(ACTIVITY): A verbatim reproduction of the lines below, from the line containing "pub earlier : ℕ" through the line containing "if-either Continues (leb", both ends included, is the whole required output.

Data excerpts
━━━━━━━━━━━━━━━━━━━━
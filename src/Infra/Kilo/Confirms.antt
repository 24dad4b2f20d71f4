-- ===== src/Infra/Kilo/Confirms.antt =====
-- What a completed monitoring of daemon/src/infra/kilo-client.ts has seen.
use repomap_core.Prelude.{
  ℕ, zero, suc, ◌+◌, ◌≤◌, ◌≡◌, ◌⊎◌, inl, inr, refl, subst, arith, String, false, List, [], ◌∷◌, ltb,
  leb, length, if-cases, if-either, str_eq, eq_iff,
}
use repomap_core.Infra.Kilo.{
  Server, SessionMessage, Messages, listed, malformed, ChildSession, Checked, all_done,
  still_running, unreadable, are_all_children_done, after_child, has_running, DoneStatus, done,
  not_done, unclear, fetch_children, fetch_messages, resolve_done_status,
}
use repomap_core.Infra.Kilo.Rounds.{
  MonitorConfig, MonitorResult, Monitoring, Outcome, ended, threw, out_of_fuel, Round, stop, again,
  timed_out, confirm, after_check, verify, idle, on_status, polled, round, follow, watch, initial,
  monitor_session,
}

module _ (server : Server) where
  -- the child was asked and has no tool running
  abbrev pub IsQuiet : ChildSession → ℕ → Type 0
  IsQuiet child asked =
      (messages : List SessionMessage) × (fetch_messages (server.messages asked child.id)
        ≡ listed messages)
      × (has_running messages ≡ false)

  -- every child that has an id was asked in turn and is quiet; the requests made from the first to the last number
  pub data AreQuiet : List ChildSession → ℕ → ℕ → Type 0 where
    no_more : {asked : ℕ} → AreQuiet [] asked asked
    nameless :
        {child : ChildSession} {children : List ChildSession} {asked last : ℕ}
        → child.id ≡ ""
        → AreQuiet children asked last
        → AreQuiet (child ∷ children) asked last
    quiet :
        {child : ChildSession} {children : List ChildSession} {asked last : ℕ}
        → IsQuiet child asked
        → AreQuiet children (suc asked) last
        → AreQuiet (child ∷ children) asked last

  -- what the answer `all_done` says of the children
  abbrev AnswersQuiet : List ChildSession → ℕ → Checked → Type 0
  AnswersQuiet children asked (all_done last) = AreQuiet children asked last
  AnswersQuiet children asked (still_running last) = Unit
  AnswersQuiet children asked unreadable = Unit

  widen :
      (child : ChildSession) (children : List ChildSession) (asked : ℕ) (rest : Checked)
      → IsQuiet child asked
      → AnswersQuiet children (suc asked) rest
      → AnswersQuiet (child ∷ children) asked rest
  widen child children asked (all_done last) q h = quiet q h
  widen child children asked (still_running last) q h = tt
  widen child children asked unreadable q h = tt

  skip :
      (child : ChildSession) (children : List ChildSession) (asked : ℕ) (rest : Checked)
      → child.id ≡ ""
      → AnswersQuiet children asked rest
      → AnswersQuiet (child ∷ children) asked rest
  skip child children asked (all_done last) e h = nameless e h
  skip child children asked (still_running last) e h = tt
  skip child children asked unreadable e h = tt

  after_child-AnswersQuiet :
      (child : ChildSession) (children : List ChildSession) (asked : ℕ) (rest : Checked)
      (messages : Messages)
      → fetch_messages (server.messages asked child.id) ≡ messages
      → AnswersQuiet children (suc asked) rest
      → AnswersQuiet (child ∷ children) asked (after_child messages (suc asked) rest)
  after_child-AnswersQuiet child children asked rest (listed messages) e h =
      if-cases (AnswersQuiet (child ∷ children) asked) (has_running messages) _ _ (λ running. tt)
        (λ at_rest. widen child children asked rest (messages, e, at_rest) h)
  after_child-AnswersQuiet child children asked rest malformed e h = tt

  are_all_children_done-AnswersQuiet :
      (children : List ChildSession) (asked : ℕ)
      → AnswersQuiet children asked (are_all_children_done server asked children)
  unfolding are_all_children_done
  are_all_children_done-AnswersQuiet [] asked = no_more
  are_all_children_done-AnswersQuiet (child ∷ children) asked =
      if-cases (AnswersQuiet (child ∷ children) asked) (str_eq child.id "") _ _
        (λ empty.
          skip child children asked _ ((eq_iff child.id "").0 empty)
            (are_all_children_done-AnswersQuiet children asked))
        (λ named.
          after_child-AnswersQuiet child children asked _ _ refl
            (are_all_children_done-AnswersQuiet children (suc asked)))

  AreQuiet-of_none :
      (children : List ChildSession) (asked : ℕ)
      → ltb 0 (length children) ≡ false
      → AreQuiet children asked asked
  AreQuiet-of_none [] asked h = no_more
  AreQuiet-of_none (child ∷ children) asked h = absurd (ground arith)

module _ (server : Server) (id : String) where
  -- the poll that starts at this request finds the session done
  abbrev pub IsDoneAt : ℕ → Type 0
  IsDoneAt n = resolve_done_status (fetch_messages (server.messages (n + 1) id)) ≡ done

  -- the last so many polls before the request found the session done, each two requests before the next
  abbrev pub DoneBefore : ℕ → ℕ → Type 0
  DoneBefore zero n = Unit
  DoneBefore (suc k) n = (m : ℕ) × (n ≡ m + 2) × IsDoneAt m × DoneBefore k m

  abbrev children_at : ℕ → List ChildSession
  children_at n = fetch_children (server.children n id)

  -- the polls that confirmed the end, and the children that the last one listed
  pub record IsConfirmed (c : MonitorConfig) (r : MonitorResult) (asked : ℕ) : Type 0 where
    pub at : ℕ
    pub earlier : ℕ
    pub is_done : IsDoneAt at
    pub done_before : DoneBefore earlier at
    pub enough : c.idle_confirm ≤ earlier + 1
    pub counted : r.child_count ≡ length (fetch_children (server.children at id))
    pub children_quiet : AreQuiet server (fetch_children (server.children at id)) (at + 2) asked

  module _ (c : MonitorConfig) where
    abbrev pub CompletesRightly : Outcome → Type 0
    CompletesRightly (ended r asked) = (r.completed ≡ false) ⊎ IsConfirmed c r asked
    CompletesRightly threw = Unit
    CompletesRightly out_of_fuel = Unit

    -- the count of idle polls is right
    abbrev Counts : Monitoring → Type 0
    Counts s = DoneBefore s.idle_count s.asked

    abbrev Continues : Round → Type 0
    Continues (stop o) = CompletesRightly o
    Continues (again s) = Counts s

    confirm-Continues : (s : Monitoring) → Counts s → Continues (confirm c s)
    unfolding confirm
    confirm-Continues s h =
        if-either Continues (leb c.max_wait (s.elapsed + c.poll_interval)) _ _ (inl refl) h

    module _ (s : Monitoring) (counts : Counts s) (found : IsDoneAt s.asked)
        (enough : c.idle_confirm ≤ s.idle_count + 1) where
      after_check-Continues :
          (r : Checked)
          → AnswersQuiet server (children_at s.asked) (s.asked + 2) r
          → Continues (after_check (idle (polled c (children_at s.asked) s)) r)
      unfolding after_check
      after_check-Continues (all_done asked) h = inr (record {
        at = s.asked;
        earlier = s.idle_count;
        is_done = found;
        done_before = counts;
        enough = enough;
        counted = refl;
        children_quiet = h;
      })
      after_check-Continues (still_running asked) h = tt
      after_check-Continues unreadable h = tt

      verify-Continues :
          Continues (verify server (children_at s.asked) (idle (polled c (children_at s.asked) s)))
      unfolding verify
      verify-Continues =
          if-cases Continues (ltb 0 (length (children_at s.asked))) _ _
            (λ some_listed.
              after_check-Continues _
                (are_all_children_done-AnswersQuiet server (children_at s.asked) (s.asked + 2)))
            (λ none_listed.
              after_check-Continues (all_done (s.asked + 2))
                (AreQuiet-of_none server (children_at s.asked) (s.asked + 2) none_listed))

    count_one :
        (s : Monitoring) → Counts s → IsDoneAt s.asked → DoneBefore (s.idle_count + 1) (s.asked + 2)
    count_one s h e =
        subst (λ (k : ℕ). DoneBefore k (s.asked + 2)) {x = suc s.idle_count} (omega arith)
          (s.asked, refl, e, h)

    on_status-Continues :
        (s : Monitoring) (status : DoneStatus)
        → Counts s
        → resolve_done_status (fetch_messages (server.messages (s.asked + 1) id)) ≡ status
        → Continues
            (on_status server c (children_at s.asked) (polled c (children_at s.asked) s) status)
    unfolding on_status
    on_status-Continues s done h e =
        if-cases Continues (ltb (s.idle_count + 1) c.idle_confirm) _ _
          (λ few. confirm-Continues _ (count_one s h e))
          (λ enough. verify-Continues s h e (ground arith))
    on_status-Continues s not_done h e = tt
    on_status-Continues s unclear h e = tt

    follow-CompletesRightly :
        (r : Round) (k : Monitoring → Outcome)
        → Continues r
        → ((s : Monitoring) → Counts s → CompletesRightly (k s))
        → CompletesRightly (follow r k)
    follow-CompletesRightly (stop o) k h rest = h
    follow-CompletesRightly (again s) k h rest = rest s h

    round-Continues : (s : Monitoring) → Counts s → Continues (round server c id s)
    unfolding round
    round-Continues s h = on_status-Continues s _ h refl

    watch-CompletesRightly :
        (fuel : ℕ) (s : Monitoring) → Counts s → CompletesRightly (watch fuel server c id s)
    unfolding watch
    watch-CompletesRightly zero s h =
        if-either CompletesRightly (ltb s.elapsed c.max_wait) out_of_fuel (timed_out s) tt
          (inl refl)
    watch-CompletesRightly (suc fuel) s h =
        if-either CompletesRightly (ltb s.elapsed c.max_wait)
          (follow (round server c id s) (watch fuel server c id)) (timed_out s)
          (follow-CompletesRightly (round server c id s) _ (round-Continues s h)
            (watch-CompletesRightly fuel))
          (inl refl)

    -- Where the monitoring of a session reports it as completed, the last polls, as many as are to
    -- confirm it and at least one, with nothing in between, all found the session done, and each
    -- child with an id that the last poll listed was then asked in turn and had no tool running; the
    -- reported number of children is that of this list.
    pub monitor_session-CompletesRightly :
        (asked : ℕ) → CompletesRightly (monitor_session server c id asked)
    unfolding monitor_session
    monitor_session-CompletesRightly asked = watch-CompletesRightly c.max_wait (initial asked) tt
━━━━━━━━━━━━━━━━━━━━
(SOLUTION):
    pub earlier : ℕ
    pub is_done : IsDoneAt at
    pub done_before : DoneBefore earlier at
    pub enough : c.idle_confirm ≤ earlier + 1
    pub counted : r.child_count ≡ length (fetch_children (server.children at id))
    pub children_quiet : AreQuiet server (fetch_children (server.children at id)) (at + 2) asked

  module _ (c : MonitorConfig) where
    abbrev pub CompletesRightly : Outcome → Type 0
    CompletesRightly (ended r asked) = (r.completed ≡ false) ⊎ IsConfirmed c r asked
    CompletesRightly threw = Unit
    CompletesRightly out_of_fuel = Unit

    -- the count of idle polls is right
    abbrev Counts : Monitoring → Type 0
    Counts s = DoneBefore s.idle_count s.asked

    abbrev Continues : Round → Type 0
    Continues (stop o) = CompletesRightly o
    Continues (again s) = Counts s

    confirm-Continues : (s : Monitoring) → Counts s → Continues (confirm c s)
    unfolding confirm
    confirm-Continues s h =
        if-either Continues (leb c.max_wait (s.elapsed + c.poll_interval)) _ _ (inl refl) h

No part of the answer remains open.